Publié le 18 octobre 2009 à 13h42
Mis à jour le 12 mars 2010 à 00h19

Les couples mariés ou pacsés bénéficient aujourd’hui d’une exonération totale de droits de succession.

Ils utilisent donc l’assurance vie pour réaliser d’autres objectifs comme celui de compléter sa retraite. L’assurance vie reste un instrument incontournable pour transmettre un capital et des intérêts sans droits de succession à une tierce personne. Les sommes placées dans un contrat échappent aux règles classiques de la taxation du patrimoine transmis car elles ne font plus partie de la succession du souscripteur. Mais il y a une limite posée par le Code des assurances qui précise que les sommes versées dans le contrat ne doivent pas être manifestement exagérées.
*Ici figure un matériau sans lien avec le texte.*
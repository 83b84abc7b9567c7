-- ===== src/PoolCache/Cpmm/Served.antt =====
-- src/pool_cache/cpmm.rs: what the cache serves, against a node whose answers change in time.
use solana_atomic_arbitrage.Base.{
  ℕ, ◌+◌, ◌*◌, ◌≤◌, ◌<◌, ◌≡◌, ◌∙◌, sym, inl, inr, refl, ap, subst, Bool, false, Option, none, some,
  Option-cases, Bool-cases, if_ind, ◌==◌, ==→eq, arith,
}
use solana_atomic_arbitrage.Client.Simulator.Raydium.{PoolStateData}
use solana_atomic_arbitrage.PoolCache.Entry.{CacheEntry, new, is_stale, nanos_per_sec, cache_key}
use solana_atomic_arbitrage.PoolCache.Node.{Node}
use solana_atomic_arbitrage.PoolCache.Cpmm.{
  by_mints, by_address, same_key, CpmmCache, insert_entry, fresh_entry, store_by_address,
  should_insert, fetch_cpmm_by_address, read_pool_state_at,
}
use solana_atomic_arbitrage.Router.Types.{Pubkey, Runtime}

-- The node of a read whose account was answered at one instant and whose vaults at another.
abbrev pub seen : (ℕ → Node) → ℕ → ℕ → Node
seen nodes account_at vaults_at = record {
  get_account = (nodes account_at).get_account;
  get_multiple_accounts = (nodes vaults_at).get_multiple_accounts;
}

module _ (text_lt : Pubkey → Pubkey → Bool) (rt : Runtime) (nodes : ℕ → Node) (delay : ℕ) where
  -- The state was read by calls of which the first was answered at most `delay` before the stamp.
  abbrev pub Sourced : Pubkey → ℕ → Option PoolStateData → Type 0
  Sourced pool stamp state =
      (account_at : ℕ) × (vaults_at : ℕ) × (account_at ≤ vaults_at)
      × (vaults_at ≤ stamp)
      × (stamp ≤ account_at + delay)
      × (state ≡ read_pool_state_at rt (seen nodes account_at vaults_at) pool)

  -- The entries by address were sourced before they were stamped.
  abbrev pub IsSourced : CpmmCache → Type 0
  IsSourced cache =
      (pool : Pubkey) (e : CacheEntry (Option PoolStateData))
      → cache (by_address pool) ≡ some e
      → (e.negative ≡ false) × Sourced pool e.updated_at e.value

  -- A result that the node has given, to calls of which the first was answered less than 61 seconds
  -- and the delay before `now`, or later.
  abbrev pub RecentlyRead : Pubkey → ℕ → Option PoolStateData → Type 0
  RecentlyRead pool now result =
      (account_at : ℕ) × (vaults_at : ℕ) × (account_at ≤ vaults_at)
      × (now < account_at + delay + 61 * nanos_per_sec)
      × (result ≡ read_pool_state_at rt (seen nodes account_at vaults_at) pool)

  insert_by_mints-IsSourced :
      (key : Pubkey × Pubkey) (e : CacheEntry (Option PoolStateData)) (cache : CpmmCache)
      → IsSourced cache
      → IsSourced (insert_entry (by_mints key) e cache)
  unfolding insert_entry same_key
  insert_by_mints-IsSourced key e cache h = λ pool e' found. h pool e' found

  insert_by_address-IsSourced :
      (pool : Pubkey) (stamp : ℕ) (state : Option PoolStateData) (cache : CpmmCache)
      → Sourced pool stamp state
      → IsSourced cache
      → IsSourced (insert_entry (by_address pool) (new stamp state) cache)
  unfolding insert_entry same_key new
  insert_by_address-IsSourced pool stamp state cache read h = λ p e found.
      elim (Bool-cases (p == pool)) [
        | inl same ↦
            let written : new stamp state ≡ e = ground arith in
            subst
              (λ (x : CacheEntry (Option PoolStateData)).
                (x.negative ≡ false) × Sourced p x.updated_at x.value)
              written (refl, subst (λ q. Sourced q stamp state) (sym (==→eq p pool same)) read)
        | inr other ↦ h p e (ground arith)
      ]

  store_by_address-IsSourced :
      (node : Node) (pool : Pubkey) (stamp stamp_by_mints : ℕ) (state : Option PoolStateData)
      (cache : CpmmCache)
      → Sourced pool stamp state
      → IsSourced cache
      → IsSourced (store_by_address text_lt rt node pool stamp stamp_by_mints state cache)
  unfolding store_by_address
  store_by_address-IsSourced node pool stamp stamp_by_mints none cache read h =
      insert_by_address-IsSourced pool stamp none cache read h
  store_by_address-IsSourced node pool stamp stamp_by_mints (some s) cache read h =
      let cache' : CpmmCache = insert_entry (by_address pool) (new stamp (some s)) cache in
      let stored : IsSourced cache' =
        insert_by_address-IsSourced pool stamp (some s) cache read h in
      let key : Pubkey × Pubkey = cache_key text_lt s.token_0_mint s.token_1_mint in
      if_ind IsSourced (should_insert text_lt rt node cache' (by_mints key))
        {x = insert_entry (by_mints key) (new stamp_by_mints (some s)) cache'} {y = cache'}
        (λ _. insert_by_mints-IsSourced key (new stamp_by_mints (some s)) cache' stored)
        (λ _. stored)

  -- An entry that is served is at most a minute old.
  fresh_entry-young :
      (pool : Pubkey) (now : ℕ) (cache : CpmmCache) (e : CacheEntry (Option PoolStateData))
      → IsSourced cache
      → fresh_entry cache (by_address pool) now ≡ some e
      → RecentlyRead pool now e.value
  unfolding fresh_entry is_stale
  fresh_entry-young pool now cache e h found = elim (Option-cases (cache (by_address pool))) [
    | inl gone ↦ absurd (missing gone)
    | inr (e', held) ↦
        let (positive, read) = h pool e' held in
        let (account_at, vaults_at, order, _, soon, value) = read in
        let same : e' ≡ e = ground arith in
        let young : now < e'.updated_at + 61 * nanos_per_sec = ground arith in
        (
          account_at,
          vaults_at,
          order,
          omega arith,
          ap (λ (x : CacheEntry (Option PoolStateData)). x.value) (sym same) ∙ value,
        )
  ]
    where
      missing : cache (by_address pool) ≡ none → ⊥
      missing gone = ground arith

  module _ (pool : Pubkey) (now account_at vaults_at stamp stamp_by_mints : ℕ)
      (cache locked : CpmmCache) (sourced : IsSourced cache) (sourced' : IsSourced locked)
      (begun : now ≤ account_at) (order : account_at ≤ vaults_at) (ended : vaults_at ≤ stamp)
      (soon : stamp ≤ account_at + delay) where
    abbrev fetched : CpmmCache × Option PoolStateData
    fetched =
        fetch_cpmm_by_address text_lt rt (seen nodes account_at vaults_at) pool now stamp
          stamp_by_mints cache locked

    hit :
        (e : CacheEntry (Option PoolStateData))
        → fresh_entry cache (by_address pool) now ≡ some e
        → (locked, e.value) ≡ fetched
    unfolding fetch_cpmm_by_address
    hit e found = rw (found, fetch_cpmm_by_address) refl

    miss :
        fresh_entry cache (by_address pool) now ≡ none
        → (
          store_by_address text_lt rt
              (seen nodes account_at vaults_at)
              pool
              stamp
              stamp_by_mints
              (read_pool_state_at rt (seen nodes account_at vaults_at) pool)
              locked,
          read_pool_state_at rt (seen nodes account_at vaults_at) pool,
        )
          ≡ fetched
    unfolding fetch_cpmm_by_address
    miss gone = rw (gone, fetch_cpmm_by_address) refl

    abbrev IsServed : CpmmCache × Option PoolStateData → Type 0
    IsServed r = IsSourced r.0 × RecentlyRead pool now r.1

    -- If every entry by address was answered by the node, its vaults not before its account, at
    -- most the delay before its stamp, and a read is answered in this order behind its look-up and
    -- stamped within the delay, the read keeps the entries so. Its result is what the node
    -- answered, for the pool's account less than 61 seconds and the delay before the look-up, or
    -- later.
    pub fetch_cpmm_by_address-RecentlyRead :
        IsSourced
          (fetch_cpmm_by_address text_lt rt
            (seen nodes account_at vaults_at)
            pool
            now
            stamp
            stamp_by_mints
            cache
            locked).0
        × RecentlyRead pool now
            (fetch_cpmm_by_address text_lt rt
              (seen nodes account_at vaults_at)
              pool
              now
              stamp
              stamp_by_mints
              cache
              locked).1
    fetch_cpmm_by_address-RecentlyRead =
        let read : Sourced pool stamp
            (read_pool_state_at rt (seen nodes account_at vaults_at) pool) =
          (account_at, vaults_at, order, ended, soon, refl) in
        elim (Option-cases (fresh_entry cache (by_address pool) now)) [
          | inr (e, found) ↦
              subst IsServed (hit e found)
                (sourced', fresh_entry-young pool now cache e sourced found)
          | inl gone ↦ subst IsServed (miss gone) (
            store_by_address-IsSourced (seen nodes account_at vaults_at) pool stamp stamp_by_mints _
                locked read sourced',
            (account_at, vaults_at, order, omega arith, refl),
          )
        ]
Que signifie manifestement exagérées ? Le Code des assurances s’est bien gardé de le préciser. Il dit seulement « manifestement exagérée eu égard aux facultés du souscripteur ». Il s’agit des facultés financières. Et quand des textes de loi laissent place à des interprétations, c’est au juge d’apporter son appréciation.

Il y a quatre arrêts de la Cour de cassation qui permettent de se faire tout de même une idée assez précise. Pour résumer, on doit prendre en compte l’âge du souscripteur, sa situation patrimoniale et familiale et l’utilité de l’opération. Si vous êtes très âgé ou vous savez gravement malade et que vous fassiez des versements excessifs, l’assurance vie pourra être jugée comme un moyen d’échapper à la taxation du patrimoine. Et si c’est votre seul objectif, l’administration fiscale risque de se rebiffer. Il faut manifester une intention altruiste, libérale comme disent les juristes en direction du bénéficiaire du contrat d’assurance vie. Ces facteurs, en particulier la situation patrimoniale, s’apprécient au moment de la souscription, c’est-à-dire à l’occasion du versement de la prime ou des primes et non pas au jour du décès. Si, par exemple, vous disposez de revenus confortables à la souscription, revenus qui seront moindres quand vous serez en retraite, il n’y aura rien à dire. Si vingt ans plus tard, par exemple, après la souscription, les sommes placées dans un contrat d’assurance vie représentent deux fois l’actif successoral, ce qui est beaucoup, cela ne posera pas de problème.

Il faut donc consigner par écrit, au moment de la souscription, la composition de sa famille et de son patrimoine, c’est-à-dire de ses placements et de ses revenus. Et éviter de verser une grosse prime unique, mais effectuer des versements progressifs. On appelle cela des versements programmés en veillant à conserver un revenu disponible suffisant pour vivre normalement. C’est la meilleure façon de profiter pleinement, en toute quiétude, de l’assurance vie.